===== Data records =====

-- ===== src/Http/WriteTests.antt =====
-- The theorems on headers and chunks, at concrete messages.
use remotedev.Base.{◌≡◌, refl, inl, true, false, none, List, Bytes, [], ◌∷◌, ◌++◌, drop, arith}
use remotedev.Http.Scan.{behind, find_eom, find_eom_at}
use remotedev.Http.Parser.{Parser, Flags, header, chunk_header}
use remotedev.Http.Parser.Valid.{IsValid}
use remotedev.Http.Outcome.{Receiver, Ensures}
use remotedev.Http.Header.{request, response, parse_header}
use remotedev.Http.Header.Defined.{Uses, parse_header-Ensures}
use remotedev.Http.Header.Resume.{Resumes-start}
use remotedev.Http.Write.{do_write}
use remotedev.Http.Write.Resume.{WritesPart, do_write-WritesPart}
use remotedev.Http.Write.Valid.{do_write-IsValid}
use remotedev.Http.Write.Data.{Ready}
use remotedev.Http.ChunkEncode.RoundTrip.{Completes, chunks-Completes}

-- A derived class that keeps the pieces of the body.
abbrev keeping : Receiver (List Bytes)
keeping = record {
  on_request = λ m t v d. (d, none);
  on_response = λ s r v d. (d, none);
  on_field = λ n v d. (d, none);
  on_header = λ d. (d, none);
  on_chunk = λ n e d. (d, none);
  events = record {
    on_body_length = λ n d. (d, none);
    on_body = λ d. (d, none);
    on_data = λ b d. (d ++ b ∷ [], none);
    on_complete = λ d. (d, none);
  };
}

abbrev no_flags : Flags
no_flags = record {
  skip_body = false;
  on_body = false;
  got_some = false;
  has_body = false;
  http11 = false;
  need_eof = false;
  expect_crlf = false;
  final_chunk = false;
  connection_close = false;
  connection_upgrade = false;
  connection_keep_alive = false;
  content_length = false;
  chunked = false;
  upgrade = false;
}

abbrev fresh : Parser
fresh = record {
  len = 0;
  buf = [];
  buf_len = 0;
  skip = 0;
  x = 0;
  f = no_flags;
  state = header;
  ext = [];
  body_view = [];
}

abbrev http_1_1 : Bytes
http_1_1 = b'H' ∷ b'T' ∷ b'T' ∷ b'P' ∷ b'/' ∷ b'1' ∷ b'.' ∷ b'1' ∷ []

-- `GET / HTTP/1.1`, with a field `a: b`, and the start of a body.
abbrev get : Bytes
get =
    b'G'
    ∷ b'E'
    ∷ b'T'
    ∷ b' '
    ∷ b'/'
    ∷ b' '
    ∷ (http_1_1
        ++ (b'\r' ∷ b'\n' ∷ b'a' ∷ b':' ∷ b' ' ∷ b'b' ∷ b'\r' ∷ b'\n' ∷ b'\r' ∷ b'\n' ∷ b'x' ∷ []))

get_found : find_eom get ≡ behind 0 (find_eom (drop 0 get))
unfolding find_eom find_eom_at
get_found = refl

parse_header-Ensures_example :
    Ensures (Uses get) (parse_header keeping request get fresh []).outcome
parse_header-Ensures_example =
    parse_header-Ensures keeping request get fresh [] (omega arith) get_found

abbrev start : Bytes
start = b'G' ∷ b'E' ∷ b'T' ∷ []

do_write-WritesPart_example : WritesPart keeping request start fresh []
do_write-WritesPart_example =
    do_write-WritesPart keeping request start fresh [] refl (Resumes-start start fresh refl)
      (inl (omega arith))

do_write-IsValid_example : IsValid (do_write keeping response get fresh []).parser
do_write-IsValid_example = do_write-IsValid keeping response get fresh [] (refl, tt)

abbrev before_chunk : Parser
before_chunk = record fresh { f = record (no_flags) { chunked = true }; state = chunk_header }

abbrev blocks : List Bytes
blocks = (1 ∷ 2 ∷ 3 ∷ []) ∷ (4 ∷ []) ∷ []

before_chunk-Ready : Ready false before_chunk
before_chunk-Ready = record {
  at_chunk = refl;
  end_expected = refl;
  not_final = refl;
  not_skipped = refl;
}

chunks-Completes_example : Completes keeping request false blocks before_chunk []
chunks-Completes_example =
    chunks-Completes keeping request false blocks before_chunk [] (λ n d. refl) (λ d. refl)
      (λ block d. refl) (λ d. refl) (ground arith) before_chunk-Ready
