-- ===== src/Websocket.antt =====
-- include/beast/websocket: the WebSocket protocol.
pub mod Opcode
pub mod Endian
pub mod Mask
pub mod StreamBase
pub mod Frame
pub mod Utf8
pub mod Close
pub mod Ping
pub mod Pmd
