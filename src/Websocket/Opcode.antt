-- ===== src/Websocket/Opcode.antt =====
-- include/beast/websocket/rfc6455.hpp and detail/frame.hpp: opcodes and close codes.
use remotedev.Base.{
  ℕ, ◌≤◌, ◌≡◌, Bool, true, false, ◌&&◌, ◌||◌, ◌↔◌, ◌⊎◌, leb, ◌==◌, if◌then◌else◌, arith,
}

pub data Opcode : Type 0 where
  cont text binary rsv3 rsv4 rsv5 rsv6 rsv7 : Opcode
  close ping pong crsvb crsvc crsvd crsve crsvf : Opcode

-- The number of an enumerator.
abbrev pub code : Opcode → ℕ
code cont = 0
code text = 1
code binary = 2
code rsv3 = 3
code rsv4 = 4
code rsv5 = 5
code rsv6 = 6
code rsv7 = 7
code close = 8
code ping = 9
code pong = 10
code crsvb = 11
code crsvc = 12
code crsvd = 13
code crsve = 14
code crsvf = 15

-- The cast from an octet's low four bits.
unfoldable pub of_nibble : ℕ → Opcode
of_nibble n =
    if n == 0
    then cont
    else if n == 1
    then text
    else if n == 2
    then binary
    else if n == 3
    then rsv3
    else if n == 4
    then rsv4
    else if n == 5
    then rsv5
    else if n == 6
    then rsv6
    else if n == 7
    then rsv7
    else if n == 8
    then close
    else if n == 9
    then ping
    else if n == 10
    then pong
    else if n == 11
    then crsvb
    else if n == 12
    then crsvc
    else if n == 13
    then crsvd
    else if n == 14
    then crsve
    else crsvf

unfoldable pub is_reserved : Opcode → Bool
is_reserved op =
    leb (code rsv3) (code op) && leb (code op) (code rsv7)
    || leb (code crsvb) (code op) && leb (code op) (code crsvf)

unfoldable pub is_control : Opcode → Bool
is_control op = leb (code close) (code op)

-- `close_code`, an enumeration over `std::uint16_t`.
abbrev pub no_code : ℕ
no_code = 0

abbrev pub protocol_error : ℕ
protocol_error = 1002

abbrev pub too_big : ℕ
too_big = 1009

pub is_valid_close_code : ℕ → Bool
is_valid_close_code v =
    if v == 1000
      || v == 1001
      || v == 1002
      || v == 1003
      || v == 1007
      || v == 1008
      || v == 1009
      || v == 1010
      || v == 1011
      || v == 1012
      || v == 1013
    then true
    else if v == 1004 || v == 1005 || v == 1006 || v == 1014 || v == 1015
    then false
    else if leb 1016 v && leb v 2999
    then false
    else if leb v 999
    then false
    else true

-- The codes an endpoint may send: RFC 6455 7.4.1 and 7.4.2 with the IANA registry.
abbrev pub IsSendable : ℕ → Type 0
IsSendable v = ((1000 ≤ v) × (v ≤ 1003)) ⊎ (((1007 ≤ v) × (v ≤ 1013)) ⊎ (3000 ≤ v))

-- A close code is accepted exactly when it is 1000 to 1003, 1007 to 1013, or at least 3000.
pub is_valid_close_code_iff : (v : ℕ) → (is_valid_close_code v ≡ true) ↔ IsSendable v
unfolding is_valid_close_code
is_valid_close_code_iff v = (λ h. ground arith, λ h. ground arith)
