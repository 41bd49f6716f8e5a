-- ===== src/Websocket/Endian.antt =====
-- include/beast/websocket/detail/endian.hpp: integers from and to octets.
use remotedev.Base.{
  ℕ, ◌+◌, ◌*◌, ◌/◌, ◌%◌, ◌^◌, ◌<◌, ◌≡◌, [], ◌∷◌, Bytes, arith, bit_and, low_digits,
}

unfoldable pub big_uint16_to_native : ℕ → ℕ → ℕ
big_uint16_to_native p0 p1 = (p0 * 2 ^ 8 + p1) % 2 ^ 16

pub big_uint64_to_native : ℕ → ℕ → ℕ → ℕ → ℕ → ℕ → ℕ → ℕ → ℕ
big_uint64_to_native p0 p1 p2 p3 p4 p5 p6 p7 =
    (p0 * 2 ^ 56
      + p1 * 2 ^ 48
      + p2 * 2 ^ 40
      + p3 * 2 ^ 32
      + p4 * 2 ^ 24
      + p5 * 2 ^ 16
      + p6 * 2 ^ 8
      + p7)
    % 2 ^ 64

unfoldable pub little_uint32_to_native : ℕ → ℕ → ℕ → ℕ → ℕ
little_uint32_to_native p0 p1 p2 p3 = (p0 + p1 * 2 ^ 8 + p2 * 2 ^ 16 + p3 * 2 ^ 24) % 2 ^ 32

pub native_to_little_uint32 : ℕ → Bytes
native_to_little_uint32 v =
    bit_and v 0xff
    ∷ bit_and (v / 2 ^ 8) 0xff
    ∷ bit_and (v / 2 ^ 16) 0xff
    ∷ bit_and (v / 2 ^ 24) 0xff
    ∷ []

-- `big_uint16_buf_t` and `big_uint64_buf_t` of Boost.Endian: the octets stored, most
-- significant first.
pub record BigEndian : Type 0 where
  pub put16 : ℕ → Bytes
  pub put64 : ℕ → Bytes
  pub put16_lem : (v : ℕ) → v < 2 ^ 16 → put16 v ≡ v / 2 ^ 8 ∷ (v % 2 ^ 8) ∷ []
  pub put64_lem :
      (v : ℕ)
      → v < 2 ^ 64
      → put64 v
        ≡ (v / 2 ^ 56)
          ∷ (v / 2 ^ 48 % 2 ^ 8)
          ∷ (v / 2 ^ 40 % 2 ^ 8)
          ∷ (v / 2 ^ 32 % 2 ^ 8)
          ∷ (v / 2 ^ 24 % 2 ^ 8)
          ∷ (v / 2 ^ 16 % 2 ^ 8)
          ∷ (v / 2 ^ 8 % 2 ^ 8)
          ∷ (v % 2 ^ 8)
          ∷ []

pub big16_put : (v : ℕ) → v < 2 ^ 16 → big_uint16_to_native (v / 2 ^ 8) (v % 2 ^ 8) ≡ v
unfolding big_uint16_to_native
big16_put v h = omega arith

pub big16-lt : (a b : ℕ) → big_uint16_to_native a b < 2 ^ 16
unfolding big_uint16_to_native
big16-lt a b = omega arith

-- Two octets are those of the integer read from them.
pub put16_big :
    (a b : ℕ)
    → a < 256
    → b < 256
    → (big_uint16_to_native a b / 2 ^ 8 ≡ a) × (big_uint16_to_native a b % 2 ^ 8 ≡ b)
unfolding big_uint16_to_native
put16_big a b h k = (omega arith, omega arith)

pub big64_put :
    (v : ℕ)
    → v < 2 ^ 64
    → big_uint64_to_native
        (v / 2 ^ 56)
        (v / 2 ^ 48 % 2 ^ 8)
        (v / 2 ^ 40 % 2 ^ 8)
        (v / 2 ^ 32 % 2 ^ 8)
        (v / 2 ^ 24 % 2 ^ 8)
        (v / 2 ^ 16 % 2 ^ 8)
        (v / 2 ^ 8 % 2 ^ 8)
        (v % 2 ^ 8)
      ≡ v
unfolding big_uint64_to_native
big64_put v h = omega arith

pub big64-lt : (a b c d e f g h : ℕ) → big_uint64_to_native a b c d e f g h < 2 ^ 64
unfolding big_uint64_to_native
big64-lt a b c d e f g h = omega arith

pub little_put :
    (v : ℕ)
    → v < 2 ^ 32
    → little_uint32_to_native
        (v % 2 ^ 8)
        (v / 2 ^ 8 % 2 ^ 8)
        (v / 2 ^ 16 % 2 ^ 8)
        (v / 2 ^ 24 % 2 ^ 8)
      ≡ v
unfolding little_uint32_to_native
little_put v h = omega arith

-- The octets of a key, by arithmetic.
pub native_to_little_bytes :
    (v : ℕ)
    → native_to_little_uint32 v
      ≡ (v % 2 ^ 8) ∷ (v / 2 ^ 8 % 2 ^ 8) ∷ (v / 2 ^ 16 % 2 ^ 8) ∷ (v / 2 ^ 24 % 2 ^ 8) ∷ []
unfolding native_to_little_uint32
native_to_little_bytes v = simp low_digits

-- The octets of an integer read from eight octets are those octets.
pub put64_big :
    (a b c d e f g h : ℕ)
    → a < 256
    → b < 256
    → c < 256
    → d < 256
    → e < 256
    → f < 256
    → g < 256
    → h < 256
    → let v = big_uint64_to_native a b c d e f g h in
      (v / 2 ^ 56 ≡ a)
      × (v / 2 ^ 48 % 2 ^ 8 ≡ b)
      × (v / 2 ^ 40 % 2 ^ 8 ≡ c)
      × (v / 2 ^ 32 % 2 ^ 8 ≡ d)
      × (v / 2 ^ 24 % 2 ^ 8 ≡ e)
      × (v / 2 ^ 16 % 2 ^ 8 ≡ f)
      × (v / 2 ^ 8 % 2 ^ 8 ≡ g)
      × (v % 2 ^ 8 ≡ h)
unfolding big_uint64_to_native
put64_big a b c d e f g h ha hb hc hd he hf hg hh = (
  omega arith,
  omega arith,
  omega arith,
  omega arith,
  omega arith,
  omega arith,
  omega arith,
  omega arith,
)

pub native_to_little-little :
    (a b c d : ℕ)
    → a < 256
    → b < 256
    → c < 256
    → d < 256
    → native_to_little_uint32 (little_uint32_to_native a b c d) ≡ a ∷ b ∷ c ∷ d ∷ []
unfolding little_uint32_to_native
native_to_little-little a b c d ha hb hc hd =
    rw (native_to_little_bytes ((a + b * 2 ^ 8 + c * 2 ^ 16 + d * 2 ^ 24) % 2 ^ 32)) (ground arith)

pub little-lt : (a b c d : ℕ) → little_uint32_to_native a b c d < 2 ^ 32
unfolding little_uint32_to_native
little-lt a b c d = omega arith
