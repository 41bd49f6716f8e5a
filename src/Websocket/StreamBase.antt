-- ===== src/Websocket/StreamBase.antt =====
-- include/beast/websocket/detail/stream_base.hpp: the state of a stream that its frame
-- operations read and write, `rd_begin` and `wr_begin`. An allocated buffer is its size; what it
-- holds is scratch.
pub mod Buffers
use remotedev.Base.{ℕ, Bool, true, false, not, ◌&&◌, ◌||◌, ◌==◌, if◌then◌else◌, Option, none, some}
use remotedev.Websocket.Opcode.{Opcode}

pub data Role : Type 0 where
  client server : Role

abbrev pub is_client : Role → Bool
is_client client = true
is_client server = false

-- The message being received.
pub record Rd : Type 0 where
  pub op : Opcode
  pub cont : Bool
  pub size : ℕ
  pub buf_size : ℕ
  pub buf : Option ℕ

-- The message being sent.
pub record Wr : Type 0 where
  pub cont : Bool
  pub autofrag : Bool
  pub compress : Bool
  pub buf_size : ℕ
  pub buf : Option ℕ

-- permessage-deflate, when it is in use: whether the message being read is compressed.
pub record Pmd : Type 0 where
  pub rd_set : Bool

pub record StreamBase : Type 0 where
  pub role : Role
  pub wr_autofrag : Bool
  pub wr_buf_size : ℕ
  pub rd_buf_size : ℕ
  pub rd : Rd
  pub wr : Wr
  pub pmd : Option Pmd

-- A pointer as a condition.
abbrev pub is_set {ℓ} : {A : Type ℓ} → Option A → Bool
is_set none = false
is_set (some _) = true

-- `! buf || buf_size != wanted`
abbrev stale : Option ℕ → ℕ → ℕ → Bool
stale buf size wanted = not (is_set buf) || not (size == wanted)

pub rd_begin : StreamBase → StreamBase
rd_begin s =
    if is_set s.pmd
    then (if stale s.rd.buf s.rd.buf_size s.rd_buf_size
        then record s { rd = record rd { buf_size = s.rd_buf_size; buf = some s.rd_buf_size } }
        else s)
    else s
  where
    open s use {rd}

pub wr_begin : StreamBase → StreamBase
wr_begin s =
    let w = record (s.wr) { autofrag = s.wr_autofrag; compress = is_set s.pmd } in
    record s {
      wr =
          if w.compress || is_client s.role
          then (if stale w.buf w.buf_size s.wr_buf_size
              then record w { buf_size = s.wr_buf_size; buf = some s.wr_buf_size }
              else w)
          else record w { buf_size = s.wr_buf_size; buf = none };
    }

=====

# [Task instructions]
Where the listing above reaches the line that contains "-- ===== src/Websocket/Opcode.antt", start retyping, and finish with the line that contains "pub data Opcode : Type 0 where"; reproduce those lines exactly and no others.

# [Exercise result]
-- ===== src/Websocket/Opcode.antt =====
-- include/beast/websocket/rfc6455.hpp and detail/frame.hpp: opcodes and close codes.
use remotedev.Base.{
  ℕ, ◌≤◌, ◌≡◌, Bool, true, false, ◌&&◌, ◌||◌, ◌↔◌, ◌⊎◌, leb, ◌==◌, if◌then◌else◌, arith,
}

pub data Opcode : Type 0 where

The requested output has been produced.